Morningstar | We Expect VMware's Tremendous Growth to Continue Through the Clouds; Increasing FVE to $194
Narrow-moat VMware reported record quarterly revenue of $2.6 billion (16% year-over-year growth) in the fourth quarter, exceeding our expectation of $2.5 billion, driven by 21% annual growth in license revenue. Our investment thesis that VMware is a preferred common platform for multi- and hybrid-cloud environments is playing out, and we expect revenue strength to last longer as its products deliver a wider array of solutions for networking and clouds. After rolling our model and expecting VMware's products to further penetrate IT teams' cloud-based ecosystems, we are increasing our fair value estimate to $194 per share from $150. The shares are trading in 3-star territory, and we recommend investors hold their position.
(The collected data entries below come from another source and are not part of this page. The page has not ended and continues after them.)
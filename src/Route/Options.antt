-- ===== src/Route/Options.antt =====
-- The option methods of a route: what a sequence of calls of them puts in force.
use grpc_composition.Common.{
  ℕ, ◌≡◌, refl, sym, ap, ◌∙◌, List, [], ◌∷◌, Option, none, some, last_some, or_else,
}
use grpc_composition.Spec.{Doc}
use grpc_composition.Host.{Host, Err, Value, ErrorMapper}
use grpc_composition.Route.{
  Route, to_error_mapper, map_response, on_success, with_error_mapper, with_marshal_options,
  with_doc,
}
use grpc_composition.Route.Settings.{or_else-last_some}

-- A call of an option method of a route.
pub data RouteOption (H : Host) (Resp : Type 0) : Type 1 where
  maps : {Out : Type 0} → (Out → Value H) → H.GoType → Option (Resp → Out) → RouteOption H Resp
  succeeds_with : ℕ → RouteOption H Resp
  maps_errors : {Body : Type 0} → (Body → Value H) → Option (Err H → ℕ × Body) → RouteOption H Resp
  marshals : H.MarshalOptions → RouteOption H Resp
  documents : Doc → RouteOption H Resp

module _ (H : Host) where
  module _ {Req Resp : Type 0} where
    abbrev pub apply_option : RouteOption H Resp → Route H Req Resp → Route H Req Resp
    apply_option (maps to_any out fn) rt = map_response H to_any out fn rt
    apply_option (succeeds_with status) rt = on_success H status rt
    apply_option (maps_errors to_any fn) rt = with_error_mapper H to_any fn rt
    apply_option (marshals o) rt = with_marshal_options H o rt
    apply_option (documents d) rt = with_doc H d rt

    abbrev pub apply_options : List (RouteOption H Resp) → Route H Req Resp → Route H Req Resp
    apply_options [] rt = rt
    apply_options (x ∷ xs) rt = apply_options xs (apply_option x rt)

  module _ {Resp : Type 0} where
    -- What one option puts in force, if it is about it; `none` inside is nil.
    abbrev pub map_option : RouteOption H Resp → Option (Option (Resp → Value H))
    map_option (maps to_any out none) = some none
    map_option (maps to_any out (some fn)) = some (some (λ resp. to_any (fn resp)))
    map_option _ = none

    abbrev pub status_option : RouteOption H Resp → Option ℕ
    status_option (succeeds_with status) = some status
    status_option _ = none

    abbrev pub mapper_option : RouteOption H Resp → Option (Option (ErrorMapper H))
    mapper_option (maps_errors to_any none) = some none
    mapper_option (maps_errors to_any (some fn)) = some (some (λ e. ((fn e).0, to_any (fn e).1)))
    mapper_option _ = none

    abbrev pub marshal_option : RouteOption H Resp → Option (Option H.MarshalOptions)
    marshal_option (marshals o) = some (some o)
    marshal_option _ = none

    pub record Configures {Req : Type 0} (xs : List (RouteOption H Resp))
        (rt rt' : Route H Req Resp) : Type 1 where
      pub method_kept : rt'.method ≡ rt.method
      pub binders_kept : rt'.binders ≡ rt.binders
      pub map_lem : rt'.mapper ≡ or_else (last_some map_option xs) rt.mapper
      pub status_lem : rt'.success_status ≡ or_else (last_some status_option xs) rt.success_status
      pub mapper_lem : rt'.error_mapper ≡ or_else (last_some mapper_option xs) rt.error_mapper
      pub marshal_lem : rt'.marshal ≡ or_else (last_some marshal_option xs) rt.marshal

    apply_option-Configures :
        {Req : Type 0} (x : RouteOption H Resp) (rt : Route H Req Resp)
        → Configures (x ∷ []) rt (apply_option x rt)
    unfolding map_response on_success with_error_mapper with_marshal_options with_doc
        to_error_mapper
    apply_option-Configures (maps to_any out none) rt = record {
      method_kept = refl;
      binders_kept = refl;
      map_lem = refl;
      status_lem = refl;
      mapper_lem = refl;
      marshal_lem = refl;
    }
    apply_option-Configures (maps to_any out (some fn)) rt = record {
      method_kept = refl;
      binders_kept = refl;
      map_lem = refl;
      status_lem = refl;
      mapper_lem = refl;
      marshal_lem = refl;
    }
    apply_option-Configures (succeeds_with status) rt = record {
      method_kept = refl;
      binders_kept = refl;
      map_lem = refl;
      status_lem = refl;
      mapper_lem = refl;
      marshal_lem = refl;
    }
    apply_option-Configures (maps_errors to_any none) rt = record {
      method_kept = refl;
      binders_kept = refl;
      map_lem = refl;
      status_lem = refl;
      mapper_lem = refl;
      marshal_lem = refl;
    }
    apply_option-Configures (maps_errors to_any (some fn)) rt = record {
      method_kept = refl;
      binders_kept = refl;
      map_lem = refl;
      status_lem = refl;
      mapper_lem = refl;
      marshal_lem = refl;
    }
    apply_option-Configures (marshals o) rt = record {
      method_kept = refl;
      binders_kept = refl;
      map_lem = refl;
      status_lem = refl;
      mapper_lem = refl;
      marshal_lem = refl;
    }
    apply_option-Configures (documents d) rt = record {
      method_kept = refl;
      binders_kept = refl;
      map_lem = refl;
      status_lem = refl;
      mapper_lem = refl;
      marshal_lem = refl;
    }

    pub apply_options-Configures :
        {Req : Type 0} (xs : List (RouteOption H Resp)) (rt : Route H Req Resp)
        → Configures xs rt (apply_options xs rt)
    apply_options-Configures [] rt = record {
      method_kept = refl;
      binders_kept = refl;
      map_lem = refl;
      status_lem = refl;
      mapper_lem = refl;
      marshal_lem = refl;
    }
    apply_options-Configures (x ∷ xs) rt =
        let one = apply_option-Configures x rt in
        let rest = apply_options-Configures xs (apply_option x rt) in
        record {
          method_kept = rest.method_kept ∙ one.method_kept;
          binders_kept = rest.binders_kept ∙ one.binders_kept;
          map_lem =
              rest.map_lem
              ∙ (ap (or_else (last_some map_option xs)) one.map_lem
                  ∙ sym (or_else-last_some map_option x xs rt.mapper));
          status_lem =
              rest.status_lem
              ∙ (ap (or_else (last_some status_option xs)) one.status_lem
                  ∙ sym (or_else-last_some status_option x xs rt.success_status));
          mapper_lem =
              rest.mapper_lem
              ∙ (ap (or_else (last_some mapper_option xs)) one.mapper_lem
                  ∙ sym (or_else-last_some mapper_option x xs rt.error_mapper));
          marshal_lem =
              rest.marshal_lem
              ∙ (ap (or_else (last_some marshal_option xs)) one.marshal_lem
                  ∙ sym (or_else-last_some marshal_option x xs rt.marshal));
        }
Supporting strong growth in license revenue, service sales grew 12.5% year over year, mostly driven by software maintenance growth of over 13%. Growth was seen across the portfolio and all geographies, and hybrid cloud subscriptions and software-as-a-service sales were about 10% of total revenue (35% year-over-year growth). Operating income grew 10% versus the previous year, but operating margin decreased to 25.6% from 27.2% (non-GAAP operating margin increased to 37.3% from 36.8%). Compared with last year, unearned revenue increased 19.5% to $6.98 billion at the end of the quarter. In the quarter, VMware posted 23 enterprise agreement deals over $10 million, a new record. These large deals contain multiple VMware products, which inhibits enterprises from readily changing vendors and creates sustainable revenue streams, in our view.
VMware guided to 11.8% revenue growth for next quarter and fiscal 2020. For the first quarter, total revenue guidance of $2.25 billion includes a 11.7% year-over-year increase from license sales. We model operating margin and EPS to come in at the high end of VMware's 16.6%-18.2% and $0.68-$0.75 projections for the quarter on a GAAP basis, and for its non-GAAP projections of 29.2% and $1.27 to be achieved.
Enterprise agreements represented 51% of total bookings for the quarter. Beyond their large monetary value, we like that VMware is showing cross-selling strength. In its largest ten deals, all customers purchased management and end user compute products, nine purchased VMware NSX, and eight purchased VMware vSAN. VMware Cloud on Amazon AWS had its largest deal of about $20 million in the quarter. These larger deals are impressive, and we believe these customer commitments showcase customers looking to VMware for more products beyond machine virtualization. Fourth-quarter NSX bookings exceeded $500 million as VMware continues to make progress with network virtualization. VMware has made its products available across the leading cloud providers, and we expect Amazon AWS to be the leading revenue source for VMware for public cloud deployments. VMware announced the availability of VMware Cloud on Amazon AWS GovCloud (U.S.) in the quarter, and we believe this should help be a boost to winning more government-based workloads.
VMware's networking and security products showcased 50% year-over-year growth in license bookings and now has over 10,000 customers. Growth in these areas are showing us that VMware is successfully moving from outside the data center into customer networks. Additionally, we like how VMware has been a large supporter of Kubernetes, once thought to be the downfall of VMware's core virtualization business. VMware closed the acquisition of Heptio, a firm that assists enterprises with building and running container workloads via the Kubernetes platform. We note that the two founders of Heptio helped created Kubernetes, and we like that VMware was not too proud to see a disruptive technology as a venue for future growth.
For fiscal 2020, VMware projects a 12.8% year-over-year increase in license revenue to $4.275 billion and total revenue growth of 11.8% to $10.03 billion. Operating margin is guided to be 21.4%-22.8% on a GAAP basis and 33.0% on a non-GAAP basis. Fiscal 2020 EPS projections are $4.24-$4.54 for GAAP and $6.49 for non-GAAP. We believe the non-GAAP values are achievable and that VMware should be on the high end or exceed its GAAP-based projections.